Your task is to repeat exactly the lines below between the line holding "abbrev pub contains : ℕ → Bytes → Bool" and the line holding "escape_regex [] = []", inclusive, and only those.
+++ LISTED ENTRIES
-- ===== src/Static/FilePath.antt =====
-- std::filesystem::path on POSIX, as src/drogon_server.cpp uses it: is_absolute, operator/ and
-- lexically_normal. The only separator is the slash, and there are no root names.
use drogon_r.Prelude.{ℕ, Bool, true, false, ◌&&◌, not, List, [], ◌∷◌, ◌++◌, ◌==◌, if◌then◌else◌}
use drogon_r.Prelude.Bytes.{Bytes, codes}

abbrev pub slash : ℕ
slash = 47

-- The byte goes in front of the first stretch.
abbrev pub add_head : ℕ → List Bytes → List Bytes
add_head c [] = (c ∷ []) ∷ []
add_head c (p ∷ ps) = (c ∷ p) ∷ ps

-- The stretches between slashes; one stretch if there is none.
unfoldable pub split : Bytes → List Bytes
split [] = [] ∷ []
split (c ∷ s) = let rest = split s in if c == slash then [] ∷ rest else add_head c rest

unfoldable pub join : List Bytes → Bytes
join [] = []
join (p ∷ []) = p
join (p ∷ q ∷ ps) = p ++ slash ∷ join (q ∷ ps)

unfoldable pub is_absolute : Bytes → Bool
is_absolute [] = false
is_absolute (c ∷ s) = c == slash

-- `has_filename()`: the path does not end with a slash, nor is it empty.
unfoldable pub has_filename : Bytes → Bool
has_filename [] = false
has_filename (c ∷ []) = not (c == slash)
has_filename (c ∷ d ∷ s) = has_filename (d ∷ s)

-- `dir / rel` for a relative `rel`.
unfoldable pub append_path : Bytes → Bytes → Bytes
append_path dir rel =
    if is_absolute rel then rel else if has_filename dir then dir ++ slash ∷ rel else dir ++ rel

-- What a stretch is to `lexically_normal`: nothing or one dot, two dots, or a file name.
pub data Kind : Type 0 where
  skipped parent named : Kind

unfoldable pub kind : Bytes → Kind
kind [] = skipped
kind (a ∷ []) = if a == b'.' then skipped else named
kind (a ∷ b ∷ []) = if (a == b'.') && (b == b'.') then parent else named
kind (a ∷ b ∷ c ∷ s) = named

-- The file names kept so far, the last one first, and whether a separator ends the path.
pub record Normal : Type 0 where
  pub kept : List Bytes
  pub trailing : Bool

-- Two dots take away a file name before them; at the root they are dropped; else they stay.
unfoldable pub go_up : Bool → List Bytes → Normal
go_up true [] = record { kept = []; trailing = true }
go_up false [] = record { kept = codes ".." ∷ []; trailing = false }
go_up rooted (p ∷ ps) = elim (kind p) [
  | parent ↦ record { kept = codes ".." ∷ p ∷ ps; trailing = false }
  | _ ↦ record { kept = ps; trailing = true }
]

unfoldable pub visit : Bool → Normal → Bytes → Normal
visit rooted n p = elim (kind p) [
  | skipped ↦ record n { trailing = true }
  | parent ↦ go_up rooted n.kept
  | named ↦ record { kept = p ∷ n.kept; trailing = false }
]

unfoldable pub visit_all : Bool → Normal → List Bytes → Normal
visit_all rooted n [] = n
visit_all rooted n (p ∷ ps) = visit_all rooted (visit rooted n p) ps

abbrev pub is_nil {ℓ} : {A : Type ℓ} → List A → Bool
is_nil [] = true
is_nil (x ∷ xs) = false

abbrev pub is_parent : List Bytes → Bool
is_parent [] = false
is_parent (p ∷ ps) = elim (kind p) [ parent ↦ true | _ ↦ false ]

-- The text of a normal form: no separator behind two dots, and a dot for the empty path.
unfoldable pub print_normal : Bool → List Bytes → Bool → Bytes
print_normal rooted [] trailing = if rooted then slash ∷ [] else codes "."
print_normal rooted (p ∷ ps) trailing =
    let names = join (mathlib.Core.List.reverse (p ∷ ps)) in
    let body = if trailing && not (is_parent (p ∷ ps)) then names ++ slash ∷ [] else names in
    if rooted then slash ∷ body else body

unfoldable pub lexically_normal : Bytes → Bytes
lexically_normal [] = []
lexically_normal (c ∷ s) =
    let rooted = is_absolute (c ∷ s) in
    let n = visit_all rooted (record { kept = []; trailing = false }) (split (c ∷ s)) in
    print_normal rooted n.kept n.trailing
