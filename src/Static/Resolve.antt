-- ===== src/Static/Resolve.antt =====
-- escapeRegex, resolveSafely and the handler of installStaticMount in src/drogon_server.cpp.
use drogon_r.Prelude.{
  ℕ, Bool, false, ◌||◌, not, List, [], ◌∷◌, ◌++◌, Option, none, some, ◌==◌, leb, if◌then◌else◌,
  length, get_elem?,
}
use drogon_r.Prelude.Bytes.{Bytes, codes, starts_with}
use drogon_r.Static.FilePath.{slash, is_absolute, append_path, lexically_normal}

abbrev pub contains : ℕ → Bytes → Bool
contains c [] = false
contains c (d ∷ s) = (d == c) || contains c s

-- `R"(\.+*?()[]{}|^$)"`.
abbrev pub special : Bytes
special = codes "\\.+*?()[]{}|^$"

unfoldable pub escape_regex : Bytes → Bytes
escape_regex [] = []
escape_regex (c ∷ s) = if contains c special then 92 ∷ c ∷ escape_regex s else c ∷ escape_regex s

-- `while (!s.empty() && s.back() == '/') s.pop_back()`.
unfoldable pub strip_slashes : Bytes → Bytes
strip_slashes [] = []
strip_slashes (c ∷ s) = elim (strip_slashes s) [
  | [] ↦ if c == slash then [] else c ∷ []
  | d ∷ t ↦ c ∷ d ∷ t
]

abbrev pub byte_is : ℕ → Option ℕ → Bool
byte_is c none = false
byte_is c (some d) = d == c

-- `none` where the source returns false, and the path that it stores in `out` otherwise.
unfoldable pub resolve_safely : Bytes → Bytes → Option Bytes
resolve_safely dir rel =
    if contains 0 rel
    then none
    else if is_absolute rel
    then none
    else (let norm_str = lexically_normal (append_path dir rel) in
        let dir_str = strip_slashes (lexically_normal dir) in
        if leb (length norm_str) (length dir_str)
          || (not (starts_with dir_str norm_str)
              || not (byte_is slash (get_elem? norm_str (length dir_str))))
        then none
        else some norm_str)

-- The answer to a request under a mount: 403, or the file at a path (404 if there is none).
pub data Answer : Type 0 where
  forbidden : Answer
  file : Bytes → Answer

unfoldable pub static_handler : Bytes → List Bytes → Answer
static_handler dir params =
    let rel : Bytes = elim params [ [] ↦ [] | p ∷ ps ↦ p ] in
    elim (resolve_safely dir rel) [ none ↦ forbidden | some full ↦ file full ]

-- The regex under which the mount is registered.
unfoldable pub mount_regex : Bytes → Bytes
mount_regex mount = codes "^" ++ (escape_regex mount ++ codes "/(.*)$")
++++++
- _WORKED SOLUTION_
abbrev pub contains : ℕ → Bytes → Bool
contains c [] = false
contains c (d ∷ s) = (d == c) || contains c s

-- `R"(\.+*?()[]{}|^$)"`.
abbrev pub special : Bytes
special = codes "\\.+*?()[]{}|^$"

unfoldable pub escape_regex : Bytes → Bytes
escape_regex [] = []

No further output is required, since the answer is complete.